Large-scale compression of genomic sequence databases with the Burrows-Wheeler transform

TL;DR

This paper presents a novel, efficient method for large-scale genomic data compression using the Burrows-Wheeler transform, enabling significant reduction in storage space and facilitating indexing of massive DNA datasets.

Contribution

The authors introduce an implicit sorting strategy that improves BWT-based compression of genomic data without extensive sorting overhead, achieving over 4x better compression than standard methods.

Findings

Achieved 0.5 bits per base compression for human genome data

Enabled building of compressed full-text indexes on large DNA collections

Demonstrated the effectiveness of sequence reordering and trimming for compression

Abstract

Motivation The Burrows-Wheeler transform (BWT) is the foundation of many algorithms for compression and indexing of text data, but the cost of computing the BWT of very large string collections has prevented these techniques from being widely applied to the large sets of sequences often encountered as the outcome of DNA sequencing experiments. In previous work, we presented a novel algorithm that allows the BWT of human genome scale data to be computed on very moderate hardware, thus enabling us to investigate the BWT as a tool for the compression of such datasets.
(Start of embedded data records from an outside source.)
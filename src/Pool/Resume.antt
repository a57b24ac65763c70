-- ===== src/Pool/Resume.antt =====
-- resume_##name after a restart: the pool stands in shared memory at a new address, so that every
-- pointer in it is garbage and every index is as it was.
use txgg.Base.{
  ℕ, zero, suc, ◌+◌, ◌≤◌, ◌<◌, ◌≡◌, ◌≢◌, refl, ap, ◌∙◌, sym, subst, true, ◌||◌, ◌&&◌, Option, none,
  some, List, [], ◌∷◌, arith, ◌==◌, ==_self, ==_ne, ==_iff, Bool-cases, inl, inr, trichotomy, below,
  same, above, if◌then◌else◌, lt→ltb, le→ltb, ltb→lt,
}
use txgg.Idx.{Idx, max_idx, idx_of}
use txgg.Pool.{
  Entry, Circle, Pool, resume_link, resume_entry, resume_at, resume_object, resume_objects,
  resume_head, resume_pool,
}
use txgg.Pool.Ring.{holds, first_of, last_of, Linked, Ring}
use txgg.Pool.Alloc.{IsValid}

-- The same indices, whatever the pointers.
pub record SameIndices (c c' : Circle) : Type 0 where
  pub first : c'.first.idx ≡ c.first.idx
  pub last : c'.last.idx ≡ c.last.idx
  pub own : (i : ℕ) → (c'.entry i).idx ≡ (c.entry i).idx
  pub next : (i : ℕ) → (c'.entry i).next.idx ≡ (c.entry i).next.idx
  pub prev : (i : ℕ) → (c'.entry i).prev.idx ≡ (c.entry i).prev.idx

module _ (max : ℕ) (small : max ≤ max_idx) where
  abbrev Inside : Option ℕ → Type 0
  Inside none = Unit
  Inside (some x) = x < max

  -- The index alone gives the link back.
  resumed :
      (o : Option ℕ) (l : Idx) → Inside o → l.idx ≡ (idx_of o).idx → resume_link max l ≡ idx_of o
  resumed none l b e = rw (e, le→ltb max_idx max small) refl
  resumed (some x) l b e = rw (e, lt→ltb x max b) refl

  first-below : (xs : List ℕ) → ((i : ℕ) → holds i xs ≡ true → i < max) → Inside (first_of xs)
  first-below [] h = tt
  first-below (x ∷ xs) h = h x (ground arith)

  last-below :
      (p : Option ℕ) (xs : List ℕ)
      → Inside p
      → ((i : ℕ) → holds i xs ≡ true → i < max)
      → Inside (last_of p xs)
  last-below p [] b h = b
  last-below p (x ∷ xs) b h =
      last-below (some x) xs (h x (ground arith)) (λ i m. h i (ground (arith, m)))

  resumed-Linked :
      (c c' : Circle) (g : ℕ → Entry) (p : Option ℕ) (xs : List ℕ)
      → SameIndices c c'
      → ((i : ℕ) → i < max → g i ≡ resume_entry max (c'.entry i))
      → Inside p
      → ((i : ℕ) → holds i xs ≡ true → i < max)
      → Linked c.entry p xs
      → Linked g p xs
  resumed-Linked c c' g p [] s r b h l = tt
  resumed-Linked c c' g p (x ∷ xs) s r b h l =
      let rest : (i : ℕ) → holds i xs ≡ true → i < max = λ i m. h i (ground (arith, m)) in
      let at = r x (h x (ground arith)) in
      (
        l.0,
        ap (λ e. e.prev) at ∙ resumed p (c'.entry x).prev b (s.prev x ∙ ap (λ k. k.idx) l.1),
        ap (λ e. e.next) at
            ∙ resumed (first_of xs) (c'.entry x).next (first-below xs rest)
                (s.next x ∙ ap (λ k. k.idx) l.2),
        resumed-Linked c c' g (some x) xs s r (h x (ground arith)) rest l.3,
      )

  resumed-Ring :
      (c c' d : Circle) (xs : List ℕ)
      → SameIndices c c'
      → ((i : ℕ) → i < max → d.entry i ≡ resume_entry max (c'.entry i))
      → d.first ≡ c'.first
      → d.last ≡ c'.last
      → ((i : ℕ) → holds i xs ≡ true → i < max)
      → Ring c xs
      → Ring (resume_head max d) xs
  resumed-Ring c c' d xs s r e e' h ring = record {
    first =
        resumed (first_of xs) d.first (first-below xs h)
          (ap (λ k. k.idx) e ∙ s.first ∙ ap (λ k. k.idx) ring.first);
    last =
        resumed (last_of none xs) d.last (last-below none xs tt h)
          (ap (λ k. k.idx) e' ∙ s.last ∙ ap (λ k. k.idx) ring.last);
    linked = resumed-Linked c c' d.entry none xs s r tt h ring.linked;
  }

  -- What the loop does to one list: it resumes the objects from `i` on and leaves the others.
  record Looped (c d : Circle) (n i : ℕ) : Type 0 where
    entries : (j : ℕ) → i ≤ j → j < n + i → d.entry j ≡ resume_entry max (c.entry j)
    before : (j : ℕ) → j < i → d.entry j ≡ c.entry j
    first : d.first ≡ c.first
    last : d.last ≡ c.last

  at_self : (c : Circle) (i : ℕ) → (resume_at max c i).entry i ≡ resume_entry max (c.entry i)
  at_self c i = rw (==_self i) refl

  at_other : (c : Circle) (i j : ℕ) → i ≢ j → (resume_at max c i).entry j ≡ c.entry j
  at_other c i j h = rw (==_ne i j h) refl

  own_at : (c : Circle) (i j : ℕ) → ((resume_at max c i).entry j).idx ≡ (c.entry j).idx
  own_at c i j = elim (Bool-cases (i == j)) [
    | inl e ↦ rw e (ap (λ k. (c.entry k).idx) ((==_iff i j).0 e))
    | inr e ↦ rw e refl
  ]

  step-Looped :
      (c d : Circle) (n i : ℕ) → Looped (resume_at max c i) d n (i + 1) → Looped c d (suc n) i
  step-Looped c d n i l = record {
    entries = λ j h h'. elim (trichotomy i j) [
      | below q _ ↦
          l.entries j (omega arith) (omega arith)
          ∙ ap (resume_entry max) (at_other c i j (λ e. omega arith))
      | same q _ ↦
          subst (λ k. d.entry k ≡ resume_entry max (c.entry k)) q
            (l.before i (omega arith) ∙ at_self c i)
      | above q _ ↦ absurd (omega arith)
    ];
    before = λ j h. l.before j (omega arith) ∙ at_other c i j (λ e. omega arith);
    first = l.first;
    last = l.last;
  }

  loop :
      (n i : ℕ) (p : Pool)
      → ((j : ℕ) → i ≤ j → j < n + i → ((p.used.entry j).idx ≡ j) × ((p.freed.entry j).idx ≡ j))
      → (q : Pool) × (resume_objects max n i p ≡ some q)
        × Looped p.used q.used n i
        × Looped p.freed q.freed n i
  unfolding resume_objects
  loop zero i p own = (p, refl, idle p.used, idle p.freed)
    where
      idle : (c : Circle) → Looped c c 0 i
      idle c = record {
        entries = λ j h h'. absurd (omega arith);
        before = λ j h. refl;
        first = refl;
        last = refl;
      }
  loop (suc n) i p own =
      let (own_u, own_f) = own i (omega arith) (omega arith) in
      let (q, done, l, l') = loop n (i + 1) (resume_object max p i) (λ j h h'. (
        own_at p.used i j ∙ (own j (omega arith) (omega arith)).0,
        own_at p.freed i j ∙ (own j (omega arith) (omega arith)).1,
      )) in
      (
        q,
        ap (λ t. if t then resume_objects max n (i + 1) (resume_object max p i) else none)
              (both (p.freed.entry i).idx (p.used.entry i).idx own_f own_u)
            ∙ done,
        step-Looped p.used q.used n i l,
        step-Looped p.freed q.freed n i l',
      )
    where
      both : (a b : ℕ) → a ≡ i → b ≡ i → (a == i && b == i) ≡ true
      both a b e e' = rw (e, e', ==_self i) refl

  own_after :
      (c d : Circle)
      → Looped c d max 0
      → ((i : ℕ) → i < max → (c.entry i).idx ≡ i)
      → (i : ℕ) → i < max
      → (d.entry i).idx ≡ i
  own_after c d l own i h = ap (λ e. e.idx) (l.entries i (omega arith) (omega arith)) ∙ own i h

  -- From the indices of a pool alone, resume_##name rebuilds every pointer: the lists hold the same
  -- objects in the same order as before the restart.
  pub resume_pool-IsValid :
      (p p' : Pool) (us fs : List ℕ)
      → IsValid max p us fs
      → SameIndices p.used p'.used
      → SameIndices p.freed p'.freed
      → (q : Pool) × (resume_pool max p' ≡ some q) × IsValid max q us fs
  unfolding resume_pool
  resume_pool-IsValid p p' us fs v s s' =
      let own_u : (i : ℕ) → i < max → (p'.used.entry i).idx ≡ i = λ i h. s.own i ∙ v.own_used i h in
      let own_f : (i : ℕ) → i < max → (p'.freed.entry i).idx ≡ i =
        λ i h. s'.own i ∙ v.own_freed i h in
      let (q, done, l, l') =
        loop max 0 p' (λ j h h'. (own_u j (omega arith), own_f j (omega arith))) in
      (
        record { used = resume_head max q.used; freed = resume_head max q.freed },
        rw done refl,
        record {
          used =
              resumed-Ring p.used p'.used q.used us s
                (λ i h. l.entries i (omega arith) (omega arith)) l.first l.last
                (λ i m. ltb→lt i max (sym (v.all i) ∙ in_used i m)) v.used;
          freed =
              resumed-Ring p.freed p'.freed q.freed fs s'
                (λ i h. l'.entries i (omega arith) (omega arith)) l'.first l'.last
                (λ i m. ltb→lt i max (sym (v.all i) ∙ in_freed i m)) v.freed;
          own_used = own_after p'.used q.used l own_u;
          own_freed = own_after p'.freed q.freed l' own_f;
          all = v.all;
          apart = v.apart;
        },
      )
    where
      in_used : (i : ℕ) → holds i us ≡ true → (holds i us || holds i fs) ≡ true
      in_used i m = rw m refl

      in_freed : (i : ℕ) → holds i fs ≡ true → (holds i us || holds i fs) ≡ true
      in_freed i m = ground (arith, m)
Results We first used simulated reads to explore the relationship between the level of compression and the error rate, the length of the reads and the level of sampling of the underlying genome and compare choices of second-stage compression algorithm. We demonstrate that compression may be greatly improved by a particular reordering of the sequences in the collection and give a novel `implicit sorting' strategy that enables these benefits to be realised without the overhead of sorting the reads. With these techniques, a 45x coverage of real human genome sequence data compresses losslessly to under 0.5 bits per base, allowing the 135.3Gbp of sequence to fit into only 8.2Gbytes of space (trimming a small proportion of low-quality bases from the reads improves the compression still further). This is more than 4 times smaller than the size achieved by a standard BWT-based compressor (bzip2) on the untrimmed reads, but an important further advantage of our approach is that it facilitates the building of compressed full text indexes such as the FM-index on large-scale DNA sequence collections.